[Stored data]
◇ ◇ ◇ ◇ ◇ ◇ ◇
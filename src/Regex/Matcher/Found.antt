-- ===== src/Regex/Matcher/Found.antt =====
-- What matchexec of include/core/match.h reports of a plain pattern is a match of it.
use Prim.{Unit, tt}
use jaclibc.Base.{
  ℕ, zero, suc, ◌+◌, ◌-◌, ◌≡◌, Bool, ◌||◌, ltb, Option, none, some, List, [], ◌∷◌, length, refl,
  subst,
}
use jaclibc.Regex.Nodes.{Matcher, Subject, Ctx, is_edepth, after, max_depth}
use jaclibc.Regex.Matcher.Loops.{IsBuilt, elim_cases}
use jaclibc.Regex.Matcher.Exec.{
  ExecFlags, ExecResult, matched, failed, overrun, group_offsets, is_anchored, store_offsets,
  exec_loop, exec_start, exec_subject, matchexec,
}
use jaclibc.Regex.Matcher.Total.{cleared, begin, matchexec_total}
use jaclibc.Regex.Matcher.Spec.{IsPlain, IsSettled, IsFlat, Matches}
use jaclibc.Regex.Matcher.Repeats.{Found, matchfind_sound}

module _ (is_named : List ℕ → ℕ → Bool) (towlower : ℕ → ℕ) (is_word : ℕ → Bool) where
  -- The first offsets that are reported, where there is a match, are those of a match of the pattern.
  abbrev pub IsRight : Subject → Bool → ExecResult → Type 0
  IsRight e ic (failed err) = Unit
  IsRight e ic overrun = Unit
  IsRight e ic (matched []) = ⊥
  IsRight e ic (matched ((some p, some q) ∷ pm)) = Matches is_named towlower e ic e.m.root p q
  IsRight e ic (matched ((some p, none) ∷ pm)) = ⊥
  IsRight e ic (matched ((none, eo) ∷ pm)) = ⊥

  abbrev Right : Subject → Bool → Option ExecResult → Type 0
  Right e ic none = Unit
  Right e ic (some r) = IsRight e ic r

  module _ (e : Subject) (count : ℕ) (ic : Bool) (inner : ℕ → Bool) (flat : IsFlat e.m.arena inner)
      (plain : IsPlain e.m.arena) (settled : IsSettled e.m.arena ic) where
    Right-after :
        (p : ℕ) (o : Option (Ctx × Option ℕ)) (miss : Ctx → Option ExecResult)
        (hit : Ctx → ℕ → Option ExecResult)
        → Found is_named towlower is_word e ic inner flat plain settled e.m.root p o
        → ((c : Ctx) → c.ic ≡ ic → Right e ic (miss c))
        → ((c : Ctx) (r : ℕ) → Matches is_named towlower e ic e.m.root p r → Right e ic (hit c r))
        → Right e ic (after o miss hit)
    Right-after p none miss hit h m k = tt
    Right-after p (some (c, none)) miss hit h m k = m c h
    Right-after p (some (c, some r)) miss hit (h, match) m k = k c r match

    stored-IsRight :
        (o : Option (List (Option ℕ × Option ℕ))) (p q : ℕ)
        → Matches is_named towlower e ic e.m.root p q
        → IsRight e ic (elim o [ none ↦ overrun | some pm ↦ matched ((some p, some q) ∷ pm) ])
    stored-IsRight none p q match = tt
    stored-IsRight (some pm) p q match = match

    exec_loop_sound :
        (left : ℕ) (c : Ctx) (start : ℕ)
        → c.ic ≡ ic
        → Right e ic (exec_loop is_named towlower is_word e (suc count) left c start)
    unfolding exec_loop store_offsets
    exec_loop_sound zero c start same = tt
    exec_loop_sound (suc left) c start same =
        elim_cases (Right e ic) (ltb max_depth c.depth) _ _ (λ _. tt)
          (λ _.
            Right-after start _ _ _
              (matchfind_sound is_named towlower is_word e ic inner flat plain settled
                (max_depth + 1) (cleared c) e.m.root start same)
              (λ c1 same1.
                elim_cases (Right e ic) (is_edepth c1.err) _ _ (λ _. tt)
                  (λ _.
                    elim_cases (Right e ic) (is_anchored is_named towlower is_word e (suc count)) _
                      _ (λ _. tt) (λ _. exec_loop_sound left c1 (start + 1) same1)))
              (λ c1 r match.
                elim_cases (Right e ic) (is_edepth c1.err) _ _ (λ _. tt)
                  (λ _. stored-IsRight (group_offsets count 1 c1.caps) start r match)))

  module _ (m : Matcher) (s : List ℕ) (count : ℕ) (fl : ExecFlags) (inner : ℕ → Bool) where
    begin_sound :
        IsFlat m.arena inner
        → IsPlain m.arena
        → IsSettled m.arena (m.icase || fl.icase)
        → (o : Option ℕ)
        → Right
            (exec_subject m fl s)
            (m.icase || fl.icase)
            (begin is_named towlower is_word m s (suc count) fl o)
    begin_sound flat plain settled none = tt
    begin_sound flat plain settled (some at) =
        exec_loop_sound (exec_subject m fl s) count (m.icase || fl.icase) inner flat plain settled
          (length s + 1 - at) (exec_start m fl) at refl

    search_sound :
        IsFlat m.arena inner
        → IsPlain m.arena
        → IsSettled m.arena (m.icase || fl.icase)
        → Right
            (exec_subject m fl s)
            (m.icase || fl.icase)
            (matchexec is_named towlower is_word m s (suc count) fl)
    unfolding matchexec
    search_sound flat plain settled = begin_sound flat plain settled _

    -- For a pattern without looks, references, conditions, calls and word bounds, in which no repetition stands
    -- in another or has a second part of its own, with the second part of each sequence in front of it in the arena
    -- and no node that ignores case
    -- unless the search does, and room for one match at least, a search returns, and the match that it
    -- reports, if any, is one of the pattern's.
    pub matchexec_sound :
        IsBuilt m.arena
        → IsFlat m.arena inner
        → IsPlain m.arena
        → IsSettled m.arena (m.icase || fl.icase)
        → (r : ExecResult) × (matchexec is_named towlower is_word m s (suc count) fl ≡ some r)
          × IsRight (exec_subject m fl s) (m.icase || fl.icase) r
    matchexec_sound built flat plain settled =
        let (r, eq, _) = matchexec_total is_named towlower is_word m s (suc count) fl built in
        (
          r,
          eq,
          subst (Right (exec_subject m fl s) (m.icase || fl.icase)) eq
              (search_sound flat plain settled),
        )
◇ ◇ ◇ ◇ ◇ ◇ ◇
For every line of the records that has the word "Matches" in it, make a copy.

use jaclibc.Regex.Matcher.Spec.{IsPlain, IsSettled, IsFlat, Matches}
  IsRight e ic (matched ((some p, some q) ∷ pm)) = Matches is_named towlower e ic e.m.root p q
        → ((c : Ctx) (r : ℕ) → Matches is_named towlower e ic e.m.root p r → Right e ic (hit c r))
        → Matches is_named towlower e ic e.m.root p q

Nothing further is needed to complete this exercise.